▸ GOAL OF THE EXERCISE: Print the lines in the listing below that fall between the line with "mode = none;" and the line with "mode = some (some keep_alive);", those two lines included, exactly as they stand and with nothing else.

RECORDED DATA section start

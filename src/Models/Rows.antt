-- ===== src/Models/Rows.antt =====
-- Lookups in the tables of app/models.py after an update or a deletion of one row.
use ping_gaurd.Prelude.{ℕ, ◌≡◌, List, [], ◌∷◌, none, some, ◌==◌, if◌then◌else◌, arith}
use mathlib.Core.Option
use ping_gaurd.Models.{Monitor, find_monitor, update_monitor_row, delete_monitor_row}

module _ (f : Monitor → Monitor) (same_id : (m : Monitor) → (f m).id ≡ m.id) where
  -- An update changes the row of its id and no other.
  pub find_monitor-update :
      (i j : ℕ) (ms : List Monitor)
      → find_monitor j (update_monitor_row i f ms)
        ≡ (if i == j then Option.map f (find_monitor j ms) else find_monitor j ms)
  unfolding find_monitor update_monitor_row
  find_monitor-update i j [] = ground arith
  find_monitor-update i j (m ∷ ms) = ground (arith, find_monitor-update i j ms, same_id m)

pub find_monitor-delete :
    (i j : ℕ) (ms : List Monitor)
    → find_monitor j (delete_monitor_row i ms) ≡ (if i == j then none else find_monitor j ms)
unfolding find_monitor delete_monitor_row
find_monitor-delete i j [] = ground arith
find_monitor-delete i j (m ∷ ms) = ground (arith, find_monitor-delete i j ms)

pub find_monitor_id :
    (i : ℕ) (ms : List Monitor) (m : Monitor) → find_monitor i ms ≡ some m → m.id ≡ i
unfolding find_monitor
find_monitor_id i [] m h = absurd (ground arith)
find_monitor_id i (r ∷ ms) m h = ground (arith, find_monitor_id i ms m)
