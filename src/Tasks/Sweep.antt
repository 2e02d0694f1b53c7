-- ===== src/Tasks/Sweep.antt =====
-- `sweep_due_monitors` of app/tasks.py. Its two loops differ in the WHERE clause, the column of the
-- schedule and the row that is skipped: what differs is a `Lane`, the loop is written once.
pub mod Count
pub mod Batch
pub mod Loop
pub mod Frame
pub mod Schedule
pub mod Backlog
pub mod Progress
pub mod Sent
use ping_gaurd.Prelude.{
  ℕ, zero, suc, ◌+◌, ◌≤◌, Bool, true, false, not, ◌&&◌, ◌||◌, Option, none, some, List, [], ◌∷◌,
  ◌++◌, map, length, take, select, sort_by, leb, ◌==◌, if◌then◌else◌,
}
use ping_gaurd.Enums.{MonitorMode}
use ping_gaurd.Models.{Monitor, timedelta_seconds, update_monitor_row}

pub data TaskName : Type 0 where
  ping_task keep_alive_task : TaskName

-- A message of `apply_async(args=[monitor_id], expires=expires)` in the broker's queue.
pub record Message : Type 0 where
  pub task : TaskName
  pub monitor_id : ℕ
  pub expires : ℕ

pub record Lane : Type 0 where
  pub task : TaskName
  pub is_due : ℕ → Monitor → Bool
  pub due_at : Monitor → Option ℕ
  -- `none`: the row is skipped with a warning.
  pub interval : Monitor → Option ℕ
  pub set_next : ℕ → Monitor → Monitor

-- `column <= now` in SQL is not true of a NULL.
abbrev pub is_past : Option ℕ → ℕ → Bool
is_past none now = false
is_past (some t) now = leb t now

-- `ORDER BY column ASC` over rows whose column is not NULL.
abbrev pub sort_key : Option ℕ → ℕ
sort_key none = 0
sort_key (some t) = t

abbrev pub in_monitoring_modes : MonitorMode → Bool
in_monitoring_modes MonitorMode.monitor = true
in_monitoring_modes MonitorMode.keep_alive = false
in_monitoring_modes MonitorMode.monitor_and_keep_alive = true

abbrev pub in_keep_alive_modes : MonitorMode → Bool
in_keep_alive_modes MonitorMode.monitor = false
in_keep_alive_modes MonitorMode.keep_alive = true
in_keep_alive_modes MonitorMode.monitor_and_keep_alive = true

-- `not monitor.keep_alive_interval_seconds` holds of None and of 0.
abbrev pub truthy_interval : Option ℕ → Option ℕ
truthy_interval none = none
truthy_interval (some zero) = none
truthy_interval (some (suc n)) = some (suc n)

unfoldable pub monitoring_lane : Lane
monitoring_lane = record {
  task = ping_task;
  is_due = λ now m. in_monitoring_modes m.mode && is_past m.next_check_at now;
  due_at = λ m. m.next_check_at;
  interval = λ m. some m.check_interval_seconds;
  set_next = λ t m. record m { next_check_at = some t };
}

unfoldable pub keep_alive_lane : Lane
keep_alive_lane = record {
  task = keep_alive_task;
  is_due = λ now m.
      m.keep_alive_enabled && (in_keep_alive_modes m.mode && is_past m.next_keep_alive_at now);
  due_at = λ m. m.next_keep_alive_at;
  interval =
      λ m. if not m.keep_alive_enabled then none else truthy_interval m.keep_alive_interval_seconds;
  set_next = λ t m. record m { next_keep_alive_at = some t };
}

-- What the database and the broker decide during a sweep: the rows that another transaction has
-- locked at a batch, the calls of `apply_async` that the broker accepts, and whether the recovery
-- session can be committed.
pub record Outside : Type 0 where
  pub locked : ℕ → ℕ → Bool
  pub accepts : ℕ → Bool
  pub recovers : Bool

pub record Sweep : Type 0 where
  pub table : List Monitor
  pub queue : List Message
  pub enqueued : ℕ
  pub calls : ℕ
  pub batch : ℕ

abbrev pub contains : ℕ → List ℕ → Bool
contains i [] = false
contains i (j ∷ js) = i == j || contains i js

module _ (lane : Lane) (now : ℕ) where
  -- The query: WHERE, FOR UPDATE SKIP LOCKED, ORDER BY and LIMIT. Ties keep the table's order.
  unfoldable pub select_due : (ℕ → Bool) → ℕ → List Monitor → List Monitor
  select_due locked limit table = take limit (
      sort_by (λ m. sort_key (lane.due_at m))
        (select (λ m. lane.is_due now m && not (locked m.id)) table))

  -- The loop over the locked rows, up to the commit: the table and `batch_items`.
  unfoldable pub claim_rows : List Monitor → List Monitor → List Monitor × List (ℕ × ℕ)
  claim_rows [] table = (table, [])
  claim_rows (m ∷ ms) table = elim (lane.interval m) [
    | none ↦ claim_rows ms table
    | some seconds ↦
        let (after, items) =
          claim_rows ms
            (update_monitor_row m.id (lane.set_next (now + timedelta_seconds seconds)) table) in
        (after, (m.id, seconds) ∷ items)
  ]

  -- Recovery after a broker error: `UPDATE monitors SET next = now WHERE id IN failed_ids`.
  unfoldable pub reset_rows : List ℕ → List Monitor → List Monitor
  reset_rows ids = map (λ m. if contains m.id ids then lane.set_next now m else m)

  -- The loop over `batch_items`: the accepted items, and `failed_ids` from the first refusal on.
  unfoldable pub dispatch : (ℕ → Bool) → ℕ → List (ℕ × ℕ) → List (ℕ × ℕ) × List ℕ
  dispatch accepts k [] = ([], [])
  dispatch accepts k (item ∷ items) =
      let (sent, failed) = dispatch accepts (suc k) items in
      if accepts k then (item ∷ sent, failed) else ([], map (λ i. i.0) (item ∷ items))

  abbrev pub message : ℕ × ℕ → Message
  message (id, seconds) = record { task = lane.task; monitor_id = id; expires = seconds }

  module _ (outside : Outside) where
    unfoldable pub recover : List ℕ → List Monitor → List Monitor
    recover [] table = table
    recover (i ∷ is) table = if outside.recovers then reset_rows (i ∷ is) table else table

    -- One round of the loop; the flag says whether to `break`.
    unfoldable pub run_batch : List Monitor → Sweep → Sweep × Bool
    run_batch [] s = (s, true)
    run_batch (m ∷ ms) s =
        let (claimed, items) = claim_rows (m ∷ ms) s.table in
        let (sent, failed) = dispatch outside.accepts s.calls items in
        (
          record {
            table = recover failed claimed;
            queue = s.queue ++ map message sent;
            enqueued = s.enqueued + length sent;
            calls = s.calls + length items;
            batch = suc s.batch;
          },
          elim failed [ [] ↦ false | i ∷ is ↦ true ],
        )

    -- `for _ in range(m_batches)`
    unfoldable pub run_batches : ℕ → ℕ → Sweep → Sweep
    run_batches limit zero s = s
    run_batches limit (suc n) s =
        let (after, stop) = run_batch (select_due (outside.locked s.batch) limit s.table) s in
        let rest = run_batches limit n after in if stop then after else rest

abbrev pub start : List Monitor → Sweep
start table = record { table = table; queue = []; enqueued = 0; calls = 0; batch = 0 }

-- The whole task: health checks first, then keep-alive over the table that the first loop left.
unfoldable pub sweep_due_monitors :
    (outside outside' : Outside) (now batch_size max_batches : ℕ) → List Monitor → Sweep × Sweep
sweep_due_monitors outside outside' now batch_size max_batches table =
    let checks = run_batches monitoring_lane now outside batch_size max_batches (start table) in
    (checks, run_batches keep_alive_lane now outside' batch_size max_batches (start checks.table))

RECORDED DATA section end
RECORDED DATA section start

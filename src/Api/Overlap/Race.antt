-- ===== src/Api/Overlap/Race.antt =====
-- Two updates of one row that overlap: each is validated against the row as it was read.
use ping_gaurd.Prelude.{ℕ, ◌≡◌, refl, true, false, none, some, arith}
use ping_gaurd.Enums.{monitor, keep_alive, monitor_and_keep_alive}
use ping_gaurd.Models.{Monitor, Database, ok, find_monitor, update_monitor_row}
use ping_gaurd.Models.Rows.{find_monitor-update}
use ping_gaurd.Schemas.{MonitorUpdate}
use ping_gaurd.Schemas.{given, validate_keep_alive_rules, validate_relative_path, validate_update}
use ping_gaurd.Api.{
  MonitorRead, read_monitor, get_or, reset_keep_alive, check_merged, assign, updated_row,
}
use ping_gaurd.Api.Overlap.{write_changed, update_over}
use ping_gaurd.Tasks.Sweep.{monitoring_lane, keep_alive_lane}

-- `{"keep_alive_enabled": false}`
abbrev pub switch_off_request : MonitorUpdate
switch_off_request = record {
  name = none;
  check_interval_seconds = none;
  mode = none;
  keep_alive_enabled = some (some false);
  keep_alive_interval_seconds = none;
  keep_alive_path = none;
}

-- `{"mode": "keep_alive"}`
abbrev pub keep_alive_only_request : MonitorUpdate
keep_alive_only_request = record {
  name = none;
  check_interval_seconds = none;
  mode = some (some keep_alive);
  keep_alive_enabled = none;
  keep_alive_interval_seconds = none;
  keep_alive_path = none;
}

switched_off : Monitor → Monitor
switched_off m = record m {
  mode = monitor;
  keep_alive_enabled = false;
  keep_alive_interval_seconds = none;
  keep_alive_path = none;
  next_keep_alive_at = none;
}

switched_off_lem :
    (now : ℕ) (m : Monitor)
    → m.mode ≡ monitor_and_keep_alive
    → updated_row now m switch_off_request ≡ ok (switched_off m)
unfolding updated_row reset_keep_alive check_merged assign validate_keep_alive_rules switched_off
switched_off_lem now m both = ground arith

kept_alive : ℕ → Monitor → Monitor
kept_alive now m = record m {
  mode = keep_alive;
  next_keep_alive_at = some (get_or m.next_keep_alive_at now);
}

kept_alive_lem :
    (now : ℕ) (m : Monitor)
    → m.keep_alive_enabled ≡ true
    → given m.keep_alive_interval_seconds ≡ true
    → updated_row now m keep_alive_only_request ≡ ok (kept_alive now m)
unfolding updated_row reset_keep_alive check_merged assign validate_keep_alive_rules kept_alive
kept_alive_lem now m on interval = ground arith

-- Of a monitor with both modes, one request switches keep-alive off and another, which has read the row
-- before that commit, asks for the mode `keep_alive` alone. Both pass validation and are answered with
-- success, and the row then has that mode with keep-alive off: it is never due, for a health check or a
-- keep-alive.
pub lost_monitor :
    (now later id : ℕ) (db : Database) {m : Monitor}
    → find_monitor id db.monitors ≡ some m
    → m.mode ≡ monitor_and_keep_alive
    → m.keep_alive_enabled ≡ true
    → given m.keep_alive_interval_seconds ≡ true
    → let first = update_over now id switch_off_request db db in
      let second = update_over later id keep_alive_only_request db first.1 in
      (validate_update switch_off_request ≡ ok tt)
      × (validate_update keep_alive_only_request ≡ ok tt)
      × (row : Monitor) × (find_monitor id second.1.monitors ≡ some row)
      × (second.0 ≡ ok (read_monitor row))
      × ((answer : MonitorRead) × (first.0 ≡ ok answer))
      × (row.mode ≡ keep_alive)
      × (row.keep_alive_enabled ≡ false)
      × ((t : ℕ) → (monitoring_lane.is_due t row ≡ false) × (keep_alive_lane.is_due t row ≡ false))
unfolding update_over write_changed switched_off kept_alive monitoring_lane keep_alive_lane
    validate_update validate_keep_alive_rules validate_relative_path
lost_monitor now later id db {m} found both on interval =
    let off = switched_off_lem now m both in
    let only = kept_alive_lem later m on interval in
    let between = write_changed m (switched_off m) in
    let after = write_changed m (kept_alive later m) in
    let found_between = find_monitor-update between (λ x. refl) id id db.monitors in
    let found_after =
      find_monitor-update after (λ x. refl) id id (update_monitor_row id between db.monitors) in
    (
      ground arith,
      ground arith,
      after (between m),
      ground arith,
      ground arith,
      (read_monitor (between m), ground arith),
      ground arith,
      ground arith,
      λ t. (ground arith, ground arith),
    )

RECORDED DATA section end

▸ TASK OUTPUT:
  mode = none;
  keep_alive_enabled = some (some false);
  keep_alive_interval_seconds = none;
  keep_alive_path = none;
}

-- `{"mode": "keep_alive"}`
abbrev pub keep_alive_only_request : MonitorUpdate
keep_alive_only_request = record {
  name = none;
  check_interval_seconds = none;
  mode = some (some keep_alive);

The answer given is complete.